Stored items:
□ □ □

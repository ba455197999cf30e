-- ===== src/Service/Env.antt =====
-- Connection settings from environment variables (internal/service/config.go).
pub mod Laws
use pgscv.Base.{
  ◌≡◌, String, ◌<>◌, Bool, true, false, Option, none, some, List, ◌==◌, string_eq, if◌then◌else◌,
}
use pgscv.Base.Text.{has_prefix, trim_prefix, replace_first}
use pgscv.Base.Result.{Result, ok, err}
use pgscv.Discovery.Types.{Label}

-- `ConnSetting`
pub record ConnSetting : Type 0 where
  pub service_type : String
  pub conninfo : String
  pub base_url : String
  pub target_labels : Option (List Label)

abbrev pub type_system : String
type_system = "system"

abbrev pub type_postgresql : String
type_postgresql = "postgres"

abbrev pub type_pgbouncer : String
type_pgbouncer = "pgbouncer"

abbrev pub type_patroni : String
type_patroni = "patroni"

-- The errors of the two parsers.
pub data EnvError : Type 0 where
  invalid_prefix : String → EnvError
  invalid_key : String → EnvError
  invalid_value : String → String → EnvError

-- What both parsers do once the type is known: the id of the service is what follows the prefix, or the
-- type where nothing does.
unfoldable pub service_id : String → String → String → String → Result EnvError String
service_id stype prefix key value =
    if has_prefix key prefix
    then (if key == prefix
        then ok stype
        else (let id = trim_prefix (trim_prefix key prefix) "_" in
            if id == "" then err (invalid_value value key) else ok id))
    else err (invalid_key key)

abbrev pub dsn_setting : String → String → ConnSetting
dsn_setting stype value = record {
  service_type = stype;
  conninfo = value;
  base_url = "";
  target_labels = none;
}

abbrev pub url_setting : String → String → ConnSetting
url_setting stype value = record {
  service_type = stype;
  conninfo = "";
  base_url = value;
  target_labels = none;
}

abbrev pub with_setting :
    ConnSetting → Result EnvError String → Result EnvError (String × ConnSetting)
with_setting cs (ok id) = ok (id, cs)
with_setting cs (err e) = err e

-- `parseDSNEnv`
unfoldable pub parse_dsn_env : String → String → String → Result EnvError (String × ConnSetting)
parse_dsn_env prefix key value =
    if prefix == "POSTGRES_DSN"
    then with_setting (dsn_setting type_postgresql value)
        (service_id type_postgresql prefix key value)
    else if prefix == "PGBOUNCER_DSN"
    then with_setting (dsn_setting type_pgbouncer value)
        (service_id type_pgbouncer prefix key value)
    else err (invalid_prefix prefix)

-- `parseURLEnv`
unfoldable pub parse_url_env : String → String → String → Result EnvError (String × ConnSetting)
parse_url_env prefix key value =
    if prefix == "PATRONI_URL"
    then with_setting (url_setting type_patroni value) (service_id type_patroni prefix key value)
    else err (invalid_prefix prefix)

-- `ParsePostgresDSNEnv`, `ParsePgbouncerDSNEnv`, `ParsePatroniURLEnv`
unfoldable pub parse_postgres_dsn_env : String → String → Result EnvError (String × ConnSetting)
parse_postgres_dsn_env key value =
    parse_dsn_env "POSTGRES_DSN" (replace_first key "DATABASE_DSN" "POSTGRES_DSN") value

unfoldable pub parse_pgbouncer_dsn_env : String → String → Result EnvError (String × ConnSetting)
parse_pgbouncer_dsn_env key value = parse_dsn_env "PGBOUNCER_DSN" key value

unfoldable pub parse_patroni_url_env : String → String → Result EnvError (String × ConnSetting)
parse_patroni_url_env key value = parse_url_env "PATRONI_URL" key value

□ □ □

Could you transcribe each entry exactly as it stands?

repository ba455197999cf30e
-- ===== src/Service/Env.antt =====
-- Connection settings from environment variables (internal/service/config.go).
pub mod Laws
use pgscv.Base.{
  ◌≡◌, String, ◌<>◌, Bool, true, false, Option, none, some, List, ◌==◌, string_eq, if◌then◌else◌,
}
use pgscv.Base.Text.{has_prefix, trim_prefix, replace_first}
use pgscv.Base.Result.{Result, ok, err}
use pgscv.Discovery.Types.{Label}

-- `ConnSetting`
pub record ConnSetting : Type 0 where
  pub service_type : String
  pub conninfo : String
  pub base_url : String
  pub target_labels : Option (List Label)

abbrev pub type_system : String
type_system = "system"

abbrev pub type_postgresql : String
type_postgresql = "postgres"

abbrev pub type_pgbouncer : String
type_pgbouncer = "pgbouncer"

abbrev pub type_patroni : String
type_patroni = "patroni"

-- The errors of the two parsers.
pub data EnvError : Type 0 where
  invalid_prefix : String → EnvError
  invalid_key : String → EnvError
  invalid_value : String → String → EnvError

-- What both parsers do once the type is known: the id of the service is what follows the prefix, or the
-- type where nothing does.
unfoldable pub service_id : String → String → String → String → Result EnvError String
service_id stype prefix key value =
    if has_prefix key prefix
    then (if key == prefix
        then ok stype
        else (let id = trim_prefix (trim_prefix key prefix) "_" in
            if id == "" then err (invalid_value value key) else ok id))
    else err (invalid_key key)

abbrev pub dsn_setting : String → String → ConnSetting
dsn_setting stype value = record {
  service_type = stype;
  conninfo = value;
  base_url = "";
  target_labels = none;
}

abbrev pub url_setting : String → String → ConnSetting
url_setting stype value = record {
  service_type = stype;
  conninfo = "";
  base_url = value;
  target_labels = none;
}

abbrev pub with_setting :
    ConnSetting → Result EnvError String → Result EnvError (String × ConnSetting)
with_setting cs (ok id) = ok (id, cs)
with_setting cs (err e) = err e

-- `parseDSNEnv`
unfoldable pub parse_dsn_env : String → String → String → Result EnvError (String × ConnSetting)
parse_dsn_env prefix key value =
    if prefix == "POSTGRES_DSN"
    then with_setting (dsn_setting type_postgresql value)
        (service_id type_postgresql prefix key value)
    else if prefix == "PGBOUNCER_DSN"
    then with_setting (dsn_setting type_pgbouncer value)
        (service_id type_pgbouncer prefix key value)
    else err (invalid_prefix prefix)

-- `parseURLEnv`
unfoldable pub parse_url_env : String → String → String → Result EnvError (String × ConnSetting)
parse_url_env prefix key value =
    if prefix == "PATRONI_URL"
    then with_setting (url_setting type_patroni value) (service_id type_patroni prefix key value)
    else err (invalid_prefix prefix)

-- `ParsePostgresDSNEnv`, `ParsePgbouncerDSNEnv`, `ParsePatroniURLEnv`
unfoldable pub parse_postgres_dsn_env : String → String → Result EnvError (String × ConnSetting)
parse_postgres_dsn_env key value =
    parse_dsn_env "POSTGRES_DSN" (replace_first key "DATABASE_DSN" "POSTGRES_DSN") value

unfoldable pub parse_pgbouncer_dsn_env : String → String → Result EnvError (String × ConnSetting)
parse_pgbouncer_dsn_env key value = parse_dsn_env "PGBOUNCER_DSN" key value

unfoldable pub parse_patroni_url_env : String → String → Result EnvError (String × ConnSetting)
parse_patroni_url_env key value = parse_url_env "PATRONI_URL" key value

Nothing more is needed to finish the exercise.